Furthermore, in the case of stacked capacitors, methods are also used in which the surface of the conductive capacitor layers is roughened and thereby enlarged. In particular, for the purpose of enlarging the surface, rough polysilicon, so-called hemispherical grain silicon HSG, is used, in the case of which silicon grains having a size of approximately 10 to 100 nm are produced with the aid of a special deposition technique or a temperature treatment. However, since in technological terms the HSG process can be controlled only with very great difficulty, this method for enlarging the surface of the capacitor electrodes and thus for increasing the total capacitance of the capacitor has hitherto been used exclusively with stacked capacitors. Methods for fabricating HSG layers in stacked capacitors are disclosed inter alia in U.S. Pat. Nos. 5,723,379, 5,858,852 and 5,858,837.

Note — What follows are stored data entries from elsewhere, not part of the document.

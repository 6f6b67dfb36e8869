-- ===== src/Store/Table.antt =====
-- The job table as a set of rows with distinct identifiers: lookups, updates and insertions.
use mathlib.Core.Path.{subst}
use deckhand.Base.{
  ◌≡◌, refl, sym, ◌∙◌, ◌⊎◌, inl, inr, String, true, false, none, some, List, [], ◌∷◌, ◌++◌, All,
  same, same_iff, arith, if◌then◌else◌,
}
use deckhand.StateMachine.Reach.{◌⟶*◌, here, ⟶*-trans}
use deckhand.Models.State.{queued}
use deckhand.Store.Rows.{JobRow, find_job, update_job}

-- The primary key: no two rows have one `id`.
abbrev pub IsKeyed : List JobRow → Type 0
IsKeyed [] = Unit
IsKeyed (r ∷ rs) = (find_job r.id rs ≡ none) × IsKeyed rs

-- One job, earlier and later: what identifies it stays, and its state has followed transitions that
-- the state machine accepts.
pub record Becomes (r s : JobRow) : Type 0 where
  pub id : s.id ≡ r.id
  pub idempotency_key : s.idempotency_key ≡ r.idempotency_key
  pub request_json : s.request_json ≡ r.request_json
  pub request_digest : s.request_digest ≡ r.request_digest
  pub subject_json : s.subject_json ≡ r.subject_json
  pub created_at : s.created_at ≡ r.created_at
  pub path : r.state ⟶* s.state

-- The later table has every job of the earlier one in its place; what it has more began as `queued`.
abbrev pub Moves : List JobRow → List JobRow → Type 0
Moves [] new = All (λ s. queued ⟶* s.state) new
Moves (r ∷ rs) [] = ⊥
Moves (r ∷ rs) (s ∷ ss) = Becomes r s × Moves rs ss

pub Becomes-refl : (r : JobRow) → Becomes r r
Becomes-refl r = record {
  id = refl;
  idempotency_key = refl;
  request_json = refl;
  request_digest = refl;
  subject_json = refl;
  created_at = refl;
  path = here;
}

pub Becomes-trans : (a b c : JobRow) → Becomes a b → Becomes b c → Becomes a c
Becomes-trans a b c h k = record {
  id = k.id ∙ h.id;
  idempotency_key = k.idempotency_key ∙ h.idempotency_key;
  request_json = k.request_json ∙ h.request_json;
  request_digest = k.request_digest ∙ h.request_digest;
  subject_json = k.subject_json ∙ h.subject_json;
  created_at = k.created_at ∙ h.created_at;
  path = ⟶*-trans h.path k.path;
}

pub Moves-refl : (rs : List JobRow) → Moves rs rs
Moves-refl [] = tt
Moves-refl (r ∷ rs) = (Becomes-refl r, Moves-refl rs)

new_moves :
    (ys zs : List JobRow)
    → All (λ s. queued ⟶* s.state) ys
    → Moves ys zs
    → All (λ s. queued ⟶* s.state) zs
new_moves [] zs h k = k
new_moves (y ∷ ys) [] h k = absurd k
new_moves (y ∷ ys) (z ∷ zs) h k = (⟶*-trans h.0 k.0.path, new_moves ys zs h.1 k.1)

pub Moves-trans : (xs ys zs : List JobRow) → Moves xs ys → Moves ys zs → Moves xs zs
Moves-trans [] ys zs h k = new_moves ys zs h k
Moves-trans (x ∷ xs) [] zs h k = absurd h
Moves-trans (x ∷ xs) (y ∷ ys) [] h k = absurd k
Moves-trans (x ∷ xs) (y ∷ ys) (z ∷ zs) h k =
    (Becomes-trans x y z h.0 k.0, Moves-trans xs ys zs h.1 k.1)

pub Moves-append : (rs : List JobRow) (r : JobRow) → r.state ≡ queued → Moves rs (rs ++ r ∷ [])
Moves-append [] r e = (subst (λ s. queued ⟶* s) (sym e) here, tt)
Moves-append (s ∷ rs) r e = (Becomes-refl s, Moves-append rs r e)

pub find_job-id :
    (id : String) (rs : List JobRow) (r : JobRow) → find_job id rs ≡ some r → r.id ≡ id
unfolding find_job
find_job-id id [] r h = cc
find_job-id id (s ∷ rs) r h = ground (arith, same_iff s.id id, find_job-id id rs r)

pub update_job-missing :
    (id : String) (f : JobRow → JobRow) (rs : List JobRow)
    → find_job id rs ≡ none
    → update_job id f rs ≡ rs
unfolding find_job update_job
update_job-missing id f [] h = refl
update_job-missing id f (r ∷ rs) h = ground (arith, update_job-missing id f rs)

pub find_job-append :
    (id : String) (rs : List JobRow) (r : JobRow)
    → find_job id (rs ++ r ∷ [])
      ≡ (elim (find_job id rs) [ some s ↦ some s | none ↦ if same r.id id then some r else none ])
unfolding find_job
find_job-append id [] r = refl
find_job-append id (s ∷ rs) r = ground (arith, find_job-append id rs r)

pub IsKeyed-append :
    (rs : List JobRow) (r : JobRow) → IsKeyed rs → find_job r.id rs ≡ none → IsKeyed (rs ++ r ∷ [])
unfolding find_job
IsKeyed-append [] r h e = (refl, tt)
IsKeyed-append (s ∷ rs) r h e = (
  ground (arith, find_job-append s.id rs r, same_iff r.id s.id, same_iff s.id r.id),
  IsKeyed-append rs r h.1 (ground arith),
)

module _ (id : String) (f : JobRow → JobRow) (keeps_id : (r : JobRow) → (f r).id ≡ r.id) where
  pub find_job-update_ne :
      (j : String) (rs : List JobRow)
      → same id j ≡ false
      → find_job j (update_job id f rs) ≡ find_job j rs
  unfolding find_job update_job
  find_job-update_ne j [] h = refl
  find_job-update_ne j (r ∷ rs) h = ground (
    arith,
    find_job-update_ne j rs h,
    keeps_id r,
    same_iff r.id id,
    same_iff r.id j,
    same_iff id j,
  )

  pub find_job-update_self :
      (rs : List JobRow) (r : JobRow)
      → find_job id rs ≡ some r
      → find_job id (update_job id f rs) ≡ some (f r)
  unfolding find_job update_job
  find_job-update_self [] r h = cc
  find_job-update_self (s ∷ rs) r h =
      ground (arith, find_job-update_self rs r, keeps_id s, same_iff s.id id)

  find_job-update_none :
      (j : String) (rs : List JobRow)
      → find_job j rs ≡ none
      → find_job j (update_job id f rs) ≡ none
  unfolding find_job update_job
  find_job-update_none j [] h = refl
  find_job-update_none j (r ∷ rs) h = ground (arith, find_job-update_none j rs, keeps_id r)

  pub IsKeyed-update : (rs : List JobRow) → IsKeyed rs → IsKeyed (update_job id f rs)
  unfolding update_job
  IsKeyed-update [] h = tt
  IsKeyed-update (r ∷ rs) h =
      (ground (arith, find_job-update_none r.id rs, keeps_id r), IsKeyed-update rs h.1)

find_job-cons :
    (id : String) (r : JobRow) (rs : List JobRow) (row : JobRow)
    → find_job id (r ∷ rs) ≡ some row
    → ((same r.id id ≡ true) × (r ≡ row)) ⊎ ((same r.id id ≡ false) × (find_job id rs ≡ some row))
unfolding find_job
find_job-cons id r rs row h = ground arith

update_job-here :
    (id : String) (f : JobRow → JobRow) (r : JobRow) (rs : List JobRow)
    → IsKeyed (r ∷ rs)
    → same r.id id ≡ true
    → update_job id f (r ∷ rs) ≡ f r ∷ rs
unfolding update_job
update_job-here id f r rs k e =
    let missing = subst (λ j. find_job j rs ≡ none) ((same_iff r.id id).0 e) k.0 in
    ground (arith, update_job-missing id f rs missing)

update_job-there :
    (id : String) (f : JobRow → JobRow) (r : JobRow) (rs : List JobRow)
    → same r.id id ≡ false
    → update_job id f (r ∷ rs) ≡ r ∷ update_job id f rs
unfolding update_job
update_job-there id f r rs e = ground arith

-- An update of a found row, and a property that it keeps: the other rows stay as they were.
module _ (id : String) (f : JobRow → JobRow) where
  pub Moves-update :
      (rs : List JobRow) (row : JobRow)
      → IsKeyed rs
      → find_job id rs ≡ some row
      → Becomes row (f row)
      → Moves rs (update_job id f rs)
  unfolding update_job
  Moves-update [] row k h b = tt
  Moves-update (r ∷ rs) row k h b = elim (find_job-cons id r rs row h) [
    | inl (e, found) ↦
        subst (Moves (r ∷ rs)) (sym (update_job-here id f r rs k e))
          (subst (λ s. Becomes s (f s)) (sym found) b, Moves-refl rs)
    | inr (e, rest) ↦
        subst (Moves (r ∷ rs)) (sym (update_job-there id f r rs e))
          (Becomes-refl r, Moves-update rs row k.1 rest b)
  ]

  pub All-update :
      (P : JobRow → Type 0) (rs : List JobRow) (row : JobRow)
      → IsKeyed rs
      → find_job id rs ≡ some row
      → (P row → P (f row))
      → All P rs
      → All P (update_job id f rs)
  unfolding update_job
  All-update P [] row k h b p = tt
  All-update P (r ∷ rs) row k h b p = elim (find_job-cons id r rs row h) [
    | inl (e, found) ↦
        subst (All P) (sym (update_job-here id f r rs k e))
          (subst (λ s. P s → P (f s)) (sym found) b p.0, p.1)
    | inr (e, rest) ↦
        subst (All P) (sym (update_job-there id f r rs e)) (p.0, All-update P rs row k.1 rest b p.1)
  ]

-- A job that the earlier table has is in the later one, further along.
pub Moves-find :
    (id : String) (xs ys : List JobRow) (r : JobRow)
    → Moves xs ys
    → find_job id xs ≡ some r
    → (s : JobRow) × (find_job id ys ≡ some s) × Becomes r s
unfolding find_job
Moves-find id [] ys r h e = cc
Moves-find id (x ∷ xs) [] r h e = absurd h
Moves-find id (x ∷ xs) (y ∷ ys) r h e = elim (find_job-cons id x xs r e) [
  | inl (here_it_is, x_is_r) ↦ (
    y,
    ground (arith, h.0.id, same_iff x.id id, same_iff y.id id),
    subst (λ t. Becomes t y) x_is_r h.0,
  )
  | inr (not_here, rest) ↦
      let (s, found, becomes) = Moves-find id xs ys r h.1 rest in
      (s, ground (arith, h.0.id, same_iff x.id id, same_iff y.id id), becomes)
]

Furthermore, U.S. Pat. No. 5,877,061 discloses a trench capacitor in which an improved capacitor capacitance is achieved by means of a roughened surface in the region of the capacitor electrodes. For this purpose, a granular polysilicon layer or an HSG silicon layer is deposited in the region in which the capacitor electrodes are intended to be formed in the trench, and is subsequently etched away isotropically, so that a roughened silicon surface remains in the capacitor electrode region. This technique for increasing the capacitance in the trench capacitor is complicated, however, since additional etching processes are provided. Furthermore, there is the risk that the granular polysilicon layer or the HSG silicon layer will not be completely etched away in particular in the collar region, which serves to insulate the capacitor electrodes, as a result of which leakage current paths can arise.
In the case of low or even a lack of etching selectivity with respect to the etching mask, isotropic etchings furthermore tend to compensate roughnesses that are originally present, as a result of which the roughness initially present in the HSG can only be incompletely transferred to the underlying silicon.
It would also be desirable, however, if it were possible in the case of trench capacitors to obtain enlarged capacitor surfaces, and thus an increased storage capacitance, by means of rough surfaces according to the HSG method. A use of HSG silicon in trench capacitors has not succeeded, however, in particular because the known methods do not allow the HSG silicon to be limited to the regions in the trench capacitor which serve as an electrode surface. In trench capacitors, a dielectric collar is usually produced in the region of the trench in order to prevent a parasitic vertical field-effect transistor from being produced. When using HSG silicon for enlarging the electrode surface, there is the risk, however, that, in particular, HSG silicon will also remain in the collar region, which can then lead to undesirable leakage currents.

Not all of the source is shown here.